The complaint alleges that because the bank and not OppFi originates the program loans, and the bank is a state-chartered FDIC-insured bank based in Utah, the bank is entitled to interest under Section 27(a) of the Federal Deposit Insurance Act to be levied on its loans, including loans to California residents, at an interest rate permitted by Utah law, regardless of whether California law requires a lower interest rate limit. The complaint seeks a statement that the interest rate caps in the CFL do not apply to program loans and an injunction barring the DFPI from enforcing the CFL interest rate caps against OppFi because of its participation in the program.
The complaint relates to the California Attorney General’s failed attempt to invalidate the FDICs Driving me crazy-Fix rule codified in 12 CFR Section 160.110(d). A California federal district judge recently dismissed California AG’s (which other states have joined) challenge to the FDIC rule and, in a separate lawsuit, also a California AG and other state AG’s challenge to the OCCs Driving me crazy-Fix rule codified in 12 CFR Section 7.4001(e). The rules provide that a right under applicable federal law (Section 85 National Bank Act (NBG) or Section 27 Federal Deposit Insurance Act (FDIA)) shall not be affected by the sale, assignment or other transfer of the loan.
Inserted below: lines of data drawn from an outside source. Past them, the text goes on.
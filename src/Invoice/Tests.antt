-- ===== src/Invoice/Tests.antt =====
-- A paid order and its invoice.
use lurus_identity.Base.{◌≡◌, refl, ap, none, some, [], ◌∷◌, List, pos, arith}
use lurus_identity.Table.{first, count}
use lurus_identity.Entity.Billing.{PaymentOrder, OrderStatus, Invoice}
use lurus_identity.Store.{Tables, ok, empty}
use lurus_identity.Store.Run.{run, calm}
use lurus_identity.Invoice.{invoice_of, generate, get_by_no, stored}
use lurus_identity.Invoice.Billed.{AreBilled}
use lurus_identity.Invoice.History.{Call, after, after-AreBilled}
use lurus_identity.Invoice.RoundTrip.{generate-get_by_no, generate_issues}

abbrev order_1 : PaymentOrder
order_1 = record {
  id = 3;
  account_id = 7;
  order_no = "LO1";
  order_type = "topup";
  product_id = "";
  plan_id = none;
  amount_cny = pos 100;
  payment_method = "stripe";
  status = OrderStatus.paid;
  external_id = "";
  paid_at = some 12;
  created_at = 10;
}

abbrev sold : Tables
sold = record empty { next_id = 4; orders = order_1 ∷ [] }

sold-AreBilled : AreBilled sold
unfolding count
sold-AreBilled = record { billed = tt; once = λ n. omega arith; numbered = λ n. omega arith }

abbrev calls : List Call
calls =
    Call.bill 20 20 "LI1" 7 "LO1"
    ∷ Call.bill 21 21 "LI2" 7 "LO1"
    ∷ Call.mark_order_paid 22 "LO1"
    ∷ []

after-AreBilled_example : AreBilled (after calls (calm sold)).tables
after-AreBilled_example = after-AreBilled calls (calm sold) sold-AreBilled

abbrev invoice_1 : Invoice
invoice_1 = record (invoice_of 1020 2040 "LI1" 7 order_1 "LO1") { id = 4 }

generated : (generate 1020 2040 "LI1" 7 "LO1" (calm sold)).0 ≡ ok invoice_1
unfolding generate run first
generated =
    ap (λ p. p.0)
      (generate_issues 1020 2040 "LI1" 7 "LO1" {o = order_1} sold refl refl refl refl refl)

generate-get_by_no_example :
    let t = (generate 1020 2040 "LI1" 7 "LO1" (calm sold)).1.tables in
    (row : Invoice) × (stored row ≡ stored invoice_1)
    × (run (get_by_no 7 "LI1") t ≡ (ok row, t))
    × (run (generate 3000 3001 "LI9" 7 "LO1") t ≡ (ok row, t))
generate-get_by_no_example =
    generate-get_by_no 1020 2040 3000 3001 "LI1" "LI9" 7 "LO1" {v = invoice_1} (calm sold)
      sold-AreBilled generated
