-- ===== src/Weighted/Deficits.antt =====
-- Lists of deficits: their sums above and below zero, and one of them replaced.
use plecto.Prelude.{
  ℕ, zero, suc, ◌+◌, ◌<◌, ◌≡◌, refl, ap, List, [], ◌∷◌, arith, length, get_or, set, replicate,
  if◌then◌else◌, inl, inr, ◌⊎◌, ◌==◌,
}
use plecto.Prelude.Int.{ℤ, pos, negsuc, pos_part, neg_part, ◌+ℤ◌, +ℤ_parts}
use plecto.Weighted.{ℤ_at, sum}
use plecto.Weighted.Credit.{zip_add, AllLe}

abbrev pub pos_sum : List ℤ → ℕ
pos_sum [] = 0
pos_sum (x ∷ xs) = pos_part x + pos_sum xs

abbrev pub neg_sum : List ℤ → ℕ
neg_sum [] = 0
neg_sum (x ∷ xs) = neg_part x + neg_sum xs

pub length-zip_add : (d : List ℤ) (ws : List ℕ) → length (zip_add d ws) ≡ length d
unfolding zip_add
length-zip_add [] ws = refl
length-zip_add (x ∷ d) [] = refl
length-zip_add (x ∷ d) (w ∷ ws) = ap suc (length-zip_add d ws)

pub zip_add-at :
    (d : List ℤ) (ws : List ℕ) (j : ℕ)
    → length d ≡ length ws
    → j < length ws
    → ℤ_at (zip_add d ws) j ≡ ℤ_at d j +ℤ pos (get_or ws j 0)
unfolding zip_add
zip_add-at [] ws j l h = absurd (omega arith)
zip_add-at (x ∷ d) [] j l h = absurd (omega arith)
zip_add-at (x ∷ d) (w ∷ ws) zero l h = refl
zip_add-at (x ∷ d) (w ∷ ws) (suc j) l h = zip_add-at d ws j (omega arith) (omega arith)

pub zip_add-sum :
    (d : List ℤ) (ws : List ℕ)
    → length d ≡ length ws
    → pos_sum (zip_add d ws) + neg_sum d ≡ neg_sum (zip_add d ws) + pos_sum d + sum ws
unfolding zip_add
zip_add-sum [] [] l = refl
zip_add-sum [] (w ∷ ws) l = absurd (omega arith)
zip_add-sum (x ∷ d) [] l = absurd (omega arith)
zip_add-sum (x ∷ d) (w ∷ ws) l = omega (arith, +ℤ_parts x (pos w), zip_add-sum d ws (omega arith))

pub set-at :
    (d : List ℤ) (b j : ℕ) (y : ℤ)
    → b < length d
    → ℤ_at (set d b y) j ≡ (if b == j then y else ℤ_at d j)
set-at [] b j y h = absurd (omega arith)
set-at (x ∷ d) zero zero y h = refl
set-at (x ∷ d) zero (suc j) y h = ground arith
set-at (x ∷ d) (suc b) zero y h = ground arith
set-at (x ∷ d) (suc b) (suc j) y h = ground (arith, set-at d b j y)

pub set-sum :
    (d : List ℤ) (b : ℕ) (y : ℤ)
    → b < length d
    → (pos_sum (set d b y) + pos_part (ℤ_at d b) ≡ pos_sum d + pos_part y)
      × (neg_sum (set d b y) + neg_part (ℤ_at d b) ≡ neg_sum d + neg_part y)
set-sum [] b y h = absurd (omega arith)
set-sum (x ∷ d) zero y h = omega arith
set-sum (x ∷ d) (suc b) y h = omega (arith, set-sum d b y (omega arith))

-- If some deficit is positive in sum, so is the largest.
pub most_positive : (d : List ℤ) (m : ℤ) → AllLe d m → pos_part m ≡ 0 → pos_sum d ≡ 0
most_positive [] m a z = refl
most_positive (x ∷ d) (pos n) a z = ground (arith, most_positive d (pos n) a.1 z)
most_positive (x ∷ d) (negsuc n) a z = ground (arith, most_positive d (negsuc n) a.1 z)

pub one_sided : (x : ℤ) → (pos_part x ≡ 0) ⊎ (neg_part x ≡ 0)
one_sided (pos n) = inr refl
one_sided (negsuc n) = inl refl

pub zeros-at : (n j : ℕ) → ℤ_at (replicate n (pos 0)) j ≡ pos 0
zeros-at zero j = refl
zeros-at (suc n) zero = refl
zeros-at (suc n) (suc j) = zeros-at n j

pub zeros-sum : (n : ℕ) → (pos_sum (replicate n (pos 0)) ≡ 0) × (neg_sum (replicate n (pos 0)) ≡ 0)
zeros-sum zero = (refl, refl)
zeros-sum (suc n) = omega (arith, zeros-sum n)

pub length-zeros : (n : ℕ) → length (replicate n (pos 0)) ≡ n
length-zeros zero = refl
length-zeros (suc n) = ap suc (length-zeros n)

pub neg_sum-zero : (d : List ℤ) → ((j : ℕ) → j < length d → neg_part (ℤ_at d j) ≡ 0) → neg_sum d ≡ 0
neg_sum-zero [] h = refl
neg_sum-zero (x ∷ d) h =
    omega (arith, h 0 (omega arith), neg_sum-zero d (λ j l. h (suc j) (omega arith)))

pub pos_sum-zero : (d : List ℤ) (j : ℕ) → pos_sum d ≡ 0 → pos_part (ℤ_at d j) ≡ 0
pos_sum-zero [] j h = refl
pos_sum-zero (x ∷ d) zero h = omega arith
pos_sum-zero (x ∷ d) (suc j) h = pos_sum-zero d j (omega arith)
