-- ===== src/Weighted/Apportioned.antt =====
-- What the steps of the schedule keep: each deficit against what its backend has been served.
use plecto.Prelude.{
  ℕ, zero, suc, ◌+◌, ◌*◌, ◌%◌, ◌≤◌, ◌<◌, ◌≡◌, sym, ◌∙◌, ap, subst, fun_ext, false, List, [], ◌∷◌,
  arith, length, get_or, set, replicate, if◌then◌else◌, Bool-cases, inl, inr, ◌==◌, ==_iff,
  length-set,
}
use plecto.Prelude.Int.{ℤ, pos, pos_part, neg_part, ◌+ℤ◌, ◌-ℤ◌, +ℤ_parts, -ℤ_parts}
use plecto.Weighted.{ℤ_at, credit, debit, steps, sum}
use plecto.Weighted.Credit.{zip_add, AllLe, Credited, credit_lem}
use plecto.Weighted.Deficits.{
  pos_sum, neg_sum, length-zip_add, zip_add-at, zip_add-sum, set-at, set-sum, most_positive,
  one_sided, zeros-at, zeros-sum, length-zeros,
}

-- How often a backend stands in a schedule.
abbrev pub count : ℕ → List ℕ → ℕ
count j [] = 0
count j (b ∷ bs) = let rest = count j bs in if b == j then suc rest else rest

-- After `k` steps that served backend `j` `c j` times: a deficit is `k` weights less `c j` totals, is
-- above minus the total, and the deficits add up to nothing.
pub record Apportioned (ws : List ℕ) (k : ℕ) (c : ℕ → ℕ) (d : List ℤ) : Type 0 where
  pub same_length : length d ≡ length ws
  pub balance :
      (j : ℕ)
      → j < length ws
      → pos_part (ℤ_at d j) + c j * sum ws ≡ k * get_or ws j 0 + neg_part (ℤ_at d j)
  pub above : (j : ℕ) → j < length ws → neg_part (ℤ_at d j) < sum ws
  pub settled : pos_sum d ≡ neg_sum d

-- The count of each backend after one more is served.
abbrev served : (ℕ → ℕ) → ℕ → ℕ → ℕ
served c b j = if b == j then suc (c j) else c j

module _ (ws : List ℕ) (k : ℕ) (c : ℕ → ℕ) (d : List ℤ) (b : ℕ) (some_weight : 0 < sum ws)
    (b_in : b < length ws) (b_most : AllLe (zip_add d ws) (ℤ_at (zip_add d ws) b))
    (v : Apportioned ws k c d) where
  credited : List ℤ
  credited = zip_add d ws

  debited : ℤ
  debited = ℤ_at credited b -ℤ pos (sum ws)

  length-credited : length credited ≡ length ws
  unfolding credited
  length-credited = length-zip_add d ws ∙ v.same_length

  best_positive : 0 < pos_part (ℤ_at credited b)
  unfolding credited
  best_positive = elim (Bool-cases (pos_part (ℤ_at (zip_add d ws) b) == 0)) [
    | inl e ↦ absurd (
        omega (
          arith,
          most_positive (zip_add d ws) (ℤ_at (zip_add d ws) b) b_most ((==_iff _ 0).0 e),
          zip_add-sum d ws v.same_length,
          v.settled,
        ))
    | inr e ↦ ground arith
  ]

  debited_parts : pos_part debited + sum ws ≡ neg_part debited + pos_part (ℤ_at credited b)
  unfolding debited
  debited_parts =
      ground (
        arith,
        -ℤ_parts (ℤ_at credited b) (pos (sum ws)),
        best_positive,
        one_sided (ℤ_at credited b),
      )

  credited-at : (j : ℕ) → j < length ws → ℤ_at credited j ≡ ℤ_at d j +ℤ pos (get_or ws j 0)
  unfolding credited
  credited-at j h = zip_add-at d ws j v.same_length h

  at_b : (j : ℕ) → b ≡ j → (ℤ_at (set credited b debited) j ≡ debited)
  at_b j e = set-at credited b j debited (rw length-credited b_in) ∙ rw ((==_iff b j).1 e)

  at_other : (j : ℕ) → (b == j) ≡ false → (ℤ_at (set credited b debited) j ≡ ℤ_at credited j)
  at_other j e = set-at credited b j debited (rw length-credited b_in) ∙ rw e

  settled_credit : pos_sum credited ≡ neg_sum credited + sum ws
  unfolding credited
  settled_credit = omega (arith, zip_add-sum d ws v.same_length, v.settled)

  debit-Apportioned : Apportioned ws (suc k) (served c b) (set credited b debited)
  debit-Apportioned = record {
    same_length = length-set credited b debited ∙ length-credited;
    balance = λ j h. elim (Bool-cases (b == j)) [
      | inl e ↦
          rw (at_b j ((==_iff b j).0 e), e)
            (omega (
              arith,
              debited_parts,
              best_positive,
              one_sided (ℤ_at credited b),
              +ℤ_parts (ℤ_at d j) (pos (get_or ws j 0)),
              ap pos_part (credited-at j h),
              ap neg_part (credited-at j h),
              ap (λ i. pos_part (ℤ_at credited i)) ((==_iff b j).0 e),
              ap (λ i. neg_part (ℤ_at credited i)) ((==_iff b j).0 e),
              v.balance j h,
            ))
      | inr e ↦
          rw (at_other j e, e)
            (omega (
              arith,
              +ℤ_parts (ℤ_at d j) (pos (get_or ws j 0)),
              ap pos_part (credited-at j h),
              ap neg_part (credited-at j h),
              v.balance j h,
            ))
    ];
    above = λ j h. elim (Bool-cases (b == j)) [
      | inl e ↦
          rw (at_b j ((==_iff b j).0 e))
            (ground (arith, debited_parts, best_positive, one_sided debited))
      | inr e ↦ rw (at_other j e) (
          omega (
            arith,
            +ℤ_parts (ℤ_at d j) (pos (get_or ws j 0)),
            ap pos_part (credited-at j h),
            ap neg_part (credited-at j h),
            one_sided (ℤ_at credited j),
            v.above j h,
          ))
    ];
    settled = omega (
      arith,
      set-sum credited b debited (rw length-credited b_in),
      debited_parts,
      best_positive,
      one_sided (ℤ_at credited b),
      settled_credit,
    );
  }

debited-Apportioned :
    (ws : List ℕ) (k : ℕ) (c : ℕ → ℕ) (d : List ℤ) (r : List ℤ × ℕ)
    → 0 < sum ws
    → Credited (zip_add d ws) r
    → Apportioned ws k c d
    → Apportioned ws (suc k) (served c r.1) (debit (sum ws) r) × (r.1 < length ws)
unfolding debit credited debited
debited-Apportioned ws k c d (e, b) p r v =
    let b_in = subst (λ n. b < n) (length-zip_add d ws ∙ v.same_length) r.best_in in
    (rw r.total_is (debit-Apportioned ws k c d b p b_in r.best_most v), b_in)

Apportioned-eq :
    (ws : List ℕ) (k k' : ℕ) (c c' : ℕ → ℕ) (d : List ℤ)
    → k ≡ k'
    → ((j : ℕ) → c j ≡ c' j)
    → Apportioned ws k c d
    → Apportioned ws k' c' d
Apportioned-eq ws k k' c c' d e f v = rw (← e) (rw (← fun_ext f) v)

served-count :
    (c : ℕ → ℕ) (b j : ℕ) (rest : List ℕ)
    → b < 65536
    → served c b j + count j rest ≡ c j + count j (b % 65536 ∷ rest)
served-count c b j rest h = ground arith

-- `n` more steps, and what they served.
pub steps-Apportioned :
    (n : ℕ) (ws : List ℕ) (k : ℕ) (c : ℕ → ℕ) (d : List ℤ)
    → 0 < sum ws
    → 0 < length ws
    → length ws ≤ 65536
    → Apportioned ws k c d
    → (d' : List ℤ) × Apportioned ws (k + n) (λ j. c j + count j (steps ws (sum ws) d n)) d'
unfolding steps
steps-Apportioned zero ws k c d p q u v =
    (d, Apportioned-eq ws k (k + 0) c _ d (omega arith) (λ j. omega arith) v)
steps-Apportioned (suc n) ws k c d p q u v =
    let credited : List ℤ × ℕ = credit ws 0 d 0 in
    let (v', b_in) = debited-Apportioned ws k c d credited p (credit_lem ws d v.same_length q) v in
    let (d', w) =
      steps-Apportioned n ws (suc k) (served c credited.1) (debit (sum ws) credited) p q u v' in
    (
      d',
      Apportioned-eq ws (suc k + n) (k + suc n) _ _ d' (omega arith)
          (λ j.
            served-count c credited.1 j (steps ws (sum ws) (debit (sum ws) credited) n)
              (omega arith))
          w,
    )

pub start-Apportioned :
    (ws : List ℕ) → 0 < sum ws → Apportioned ws 0 (λ j. 0) (replicate (length ws) (pos 0))
start-Apportioned ws p = record {
  same_length = length-zeros (length ws);
  balance = λ j h. rw (zeros-at (length ws) j) (omega arith);
  above = λ j h. rw (zeros-at (length ws) j) p;
  settled = (zeros-sum (length ws)).0 ∙ sym (zeros-sum (length ws)).1;
}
While the two decisions represent a very positive development, the 60-day deadline for AGs to appeal the decisions to the Ninth Circuit has not expired. Most importantly, as the DFPI’s assertion that OppFi is the “true lender” of the program loans makes clear, the decisions have not removed the uncertainty that persists for participants in banking model programs due to “true lender” threats. (The OCC’s attempt to provide, through regulation, a clear, unambiguous test of when a bank is the “true lender” in a banking model program was overturned by Congress under the Congressional Review Act.) In addition to threats from “true lenders,” non-bank participants in banking model programs will continue to face government licensing threats. In the face of such ongoing threats, non-bank participants would be well advised to reconsider their vulnerability to “true lender” challenges and their compliance with state licensing laws.
The DFPI isn’t the only one to claim a “genuine lender.” Other state agencies that have launched or threatened “real lender” attacks against bank model programs include agencies in DC, Maryland, New York, North Carolina, Ohio, Pennsylvania, West Virginia and Colorado. While non-bank participants have been the focus of these government attacks, bank participants could also face increased scrutiny from their regulators. Within hours of the release of the two California decisions, the Acting Comptroller of the Currency issued a warning about the abuse of the OCCs Driving me crazy-fix rule, noting that “[t]The OCC advocates strict oversight that expands financial inclusion and ensures banks are not used as vehicles for rent-a-charter arrangements.”